Maniobró para hacerse con el material que necesitaba sin que los soviéticos supieran que estaban contribuyendo a la fabricación del SR-71, un avión de última tecnología diseñado para burlar sus radares y misiles y vigiarlos sin riesgo. Cómo lo logró exactamente Washington es algo que forma parte de las densas brumas que aún hoy, décadas después, empañan algunos capítulos oscuros de la Guerra Fría; pero algunos de los protagonistas han ido dejando pequeñas pinceladas.
“Nuestro proveedor, Titanium Metals Corporation, solo disponía de reservas limitadas de la preciada aleación, por lo que la CIA realizó una búsqueda por todo el mundo y, usando a terceros y empresas ficticias, consiguió comprar de forma discreta el metal base a uno de los principales exportadores del mundo: la URSS. Los rusos nunca se imaginaron que estaban contribuyendo a la creación del avión que se estaba construyendo a toda prisa para espiar a su patria”, explica el ingeniero Ben R. Rich, alias ‘father of stealth’, en el libro ‘Skunk Works’.

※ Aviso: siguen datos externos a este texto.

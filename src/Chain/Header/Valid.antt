-- ===== src/Chain/Header/Valid.antt =====
-- What holds of a header that `validate_header` accepts.
use vcash.Prelude.{
  ℕ, ◌+◌, ◌≤◌, ◌<◌, ◌≡◌, refl, sym, ap, ◌∙◌, Bool, true, false, not, ◌&&◌, Result, ok, fail_if,
  bind-ok, fail_if-ok, ltb, leb, not_ltb→le, ok-injective, ◌==◌, ==→eq, not_leb→lt, if◌then◌else◌,
  wrap64, Option, none, some,
}
use vcash.Consensus.Params.{ChainType, is_production_mode, min_bit_diff, refactor_header_height}
use vcash.Consensus.Difficulty.{valid_header_version, header_version, compact_to_biguint}
use vcash.Chain.Types.{
  BlockHeader, ChainError, Env, Context, bit_difficulty_too_low, invalid_coinbase,
  invalid_merklebranch, bad_bit_diffbits, invalid_block_height, invalid_block_version,
  invalid_block_time, wrong_total_difficulty,
}
use vcash.Chain.Header.{
  prev_header_store, or_too_low, fold_branch, validate_aux, expected_bits, validate_block_auxdata,
  validate_work, validate_header,
}

module _ (chain : ChainType) (env : Env) where
  -- A header continues its predecessor: by one height, with the version of that height, at a later
  -- time; on a chain in production its total difficulty is its height and one.
  pub record IsNext (prev : BlockHeader) (header : BlockHeader) : Type 0 where
    pub height : header.height ≡ wrap64 (prev.height + 1)
    pub version : header.version ≡ header_version chain header.height
    pub time : prev.timestamp < header.timestamp
    pub difficulty :
        is_production_mode chain ≡ true → header.total_difficulty ≡ wrap64 (header.height + 1)

  -- A Bitcoin header with enough work commits to the header, whose bits are those of the rule.
  pub record IsMined (prev : BlockHeader) (header : BlockHeader) (c : Context env) : Type 0 where
    pub target : ℕ
    pub target_read : compact_to_biguint header.bits ≡ some target
    pub work : header.btc_pow.dhash ≤ target
    pub committed : env.has_magic header.btc_pow.coinbase_tx (env.hash header) ≡ true
    pub branch :
        fold_branch chain env
          (env.dhash_coinbase header.btc_pow.coinbase_tx)
          header.btc_pow.merkle_branch
        ≡ header.btc_pow.merkle_root
    pub bits : expected_bits chain env prev c ≡ ok header.bits

  un_negated : (b : Bool) → not b ≡ false → b ≡ true
  un_negated true e = refl
  un_negated false e = absurd (cc)

  -- The middle one of three branches.
  chosen :
      (s n : Bool) (x y r : Result ChainError (Unit {0}))
      → s ≡ false
      → n ≡ true
      → (if s then ok tt else (if n then x else y)) ≡ r
      → x ≡ r
  chosen true n x y r e f h = absurd (cc)
  chosen false true x y r e f h = h
  chosen false false x y r e f h = absurd (cc)

  or_too_low-ok : (o : Option ℕ) (t : ℕ) → or_too_low o ≡ ok t → o ≡ some t
  or_too_low-ok none t e = absurd (cc)
  or_too_low-ok (some x) t e = let same : x ≡ t = cc in ap some same

  production_only : (p q : Bool) → (p && not q) ≡ false → p ≡ true → q ≡ true
  production_only true q e h = un_negated q e
  production_only false q e h = absurd (cc)

  validate_block_auxdata-IsMined :
      (prev header : BlockHeader) (c : Context env)
      → prev_header_store chain env header c.batch ≡ ok prev
      → validate_block_auxdata chain env header false c ≡ ok tt
      → IsMined prev header c
  unfolding validate_block_auxdata validate_aux
  validate_block_auxdata-IsMined prev header c p e =
      let (u1, (e1, k1)) = bind-ok (validate_aux chain env header) _ tt e in
      let (pre, (e2, k2)) = bind-ok (prev_header_store chain env header c.batch) _ tt k1 in
      let (nbits, (e3, k3)) = bind-ok (expected_bits chain env pre c) _ tt k2 in
      let (u2, (a1, m1)) =
        bind-ok (fail_if (ltb (min_bit_diff chain) header.bits) bit_difficulty_too_low) _ tt e1 in
      let (target, (a2, m2)) = bind-ok (or_too_low (compact_to_biguint header.bits)) _ tt m1 in
      let (u3, (a3, m3)) =
        bind-ok (fail_if (ltb target header.btc_pow.dhash) bit_difficulty_too_low) _ tt m2 in
      let (u4, (a4, m4)) =
        bind-ok
          (fail_if (not (env.has_magic header.btc_pow.coinbase_tx (env.hash header)))
            invalid_coinbase)
          _ tt m3 in
      let same_bits = ==→eq nbits header.bits (un_negated _ (fail_if-ok _ bad_bit_diffbits k3)) in
      let same_prev : pre ≡ prev = ok-injective pre prev (sym e2 ∙ p) in
      record {
        target = target;
        target_read = or_too_low-ok (compact_to_biguint header.bits) target a2;
        work = not_ltb→le target header.btc_pow.dhash (fail_if-ok _ bit_difficulty_too_low a3);
        committed = un_negated _ (fail_if-ok _ invalid_coinbase a4);
        branch =
            ==→eq _ header.btc_pow.merkle_root
              (un_negated _ (fail_if-ok _ invalid_merklebranch m4));
        bits = ap (λ x. expected_bits chain env x c) (sym same_prev) ∙ (e3 ∙ ap ok same_bits);
      }

  -- An accepted header continues a header of the store; and where work is checked, from the height of
  -- the new headers on, it is mined.
  pub validate_header-IsNext :
      (header : BlockHeader) (c : Context env)
      → validate_header chain env header c ≡ ok tt
      → (prev : BlockHeader) × ((prev_header_store chain env header c.batch ≡ ok prev)
          × (IsNext prev header
              × (env.skip_pow ≡ false
                  → leb (refactor_header_height chain) header.height ≡ true
                  → IsMined prev header c)))
  unfolding validate_header
  validate_header-IsNext header c e =
      let (prev, (e1, k1)) = bind-ok (prev_header_store chain env header c.batch) _ tt e in
      let (u2, (e2, k2)) =
        bind-ok (fail_if (not (header.height == wrap64 (prev.height + 1))) invalid_block_height) _
          tt k1 in
      let (u3, (e3, k3)) =
        bind-ok
          (fail_if (not (valid_header_version chain header.height header.version))
            (invalid_block_version header.version))
          _ tt k2 in
      let (u4, (e4, k4)) =
        bind-ok (fail_if (leb header.timestamp prev.timestamp) invalid_block_time) _ tt k3 in
      let (u5, (e5, k5)) =
        bind-ok
          (fail_if
            (is_production_mode chain
              && not (header.total_difficulty == wrap64 (header.height + 1)))
            wrong_total_difficulty)
          _ tt k4 in
      let worked : validate_work chain env header prev c ≡ ok tt = k5 in
      (
        prev,
        (
          e1,
          (
            record {
              height = ==→eq header.height _ (un_negated _ (fail_if-ok _ invalid_block_height e2));
              version =
                  ==→eq header.version _
                    (un_negated _ (fail_if-ok _ (invalid_block_version header.version) e3));
              time =
                  not_leb→lt header.timestamp prev.timestamp (fail_if-ok _ invalid_block_time e4);
              difficulty = λ p.
                  ==→eq header.total_difficulty _
                    (production_only _ _ (fail_if-ok _ wrong_total_difficulty e5) p);
            },
            λ checked new.
                validate_block_auxdata-IsMined prev header c e1
                  (chosen env.skip_pow _ _ _ (ok tt) checked new worked),
          ),
        ),
      )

Como probablemente a la URSS no le habría hecho mucha gracia exportar materiales para que EEUU se dotase de nuevo armamento, la clave —abunda Graham— pasó por un sofisticado encaje de bolillos que le permitiera borrar su rastro. “Trabajando a través de países del Tercer Mundo y con operaciones falsas, pudieron enviar el mineral de rutilo a los EEUU para construir el SR-71”, recalca.
Hay quien, como The Aviation Geek Club, va más allá y asegura que una de las tretas de la inteligencia estadounidense fue hacer creer al Kremlin que todo aquel preciado mineral se estaba destinando a la fabricación de hornos para pizza.
Sea o no real, lo cierto es que la CIA supo apañárselas: los técnicos de Skunk Works se hicieron con el material necesario y en abril de 1962 el primer avión, el A-12, estaba realizando ya su vuelo inicial, escribiendo los primeros versos de lo que más tarde se convertiría en el SR-71, un modelo más grande, con una segunda plaza para un oficial de reconocimiento y mayor capacidad para combustible.
A finales de 1964 la nueva aeronave, la misma que se había tenido por un “imposible”, zumbaba ya por los cielos a velocidades de vértigo.
Todo gracias a la colaboración clave de la URSS.
Clave, que no consciente.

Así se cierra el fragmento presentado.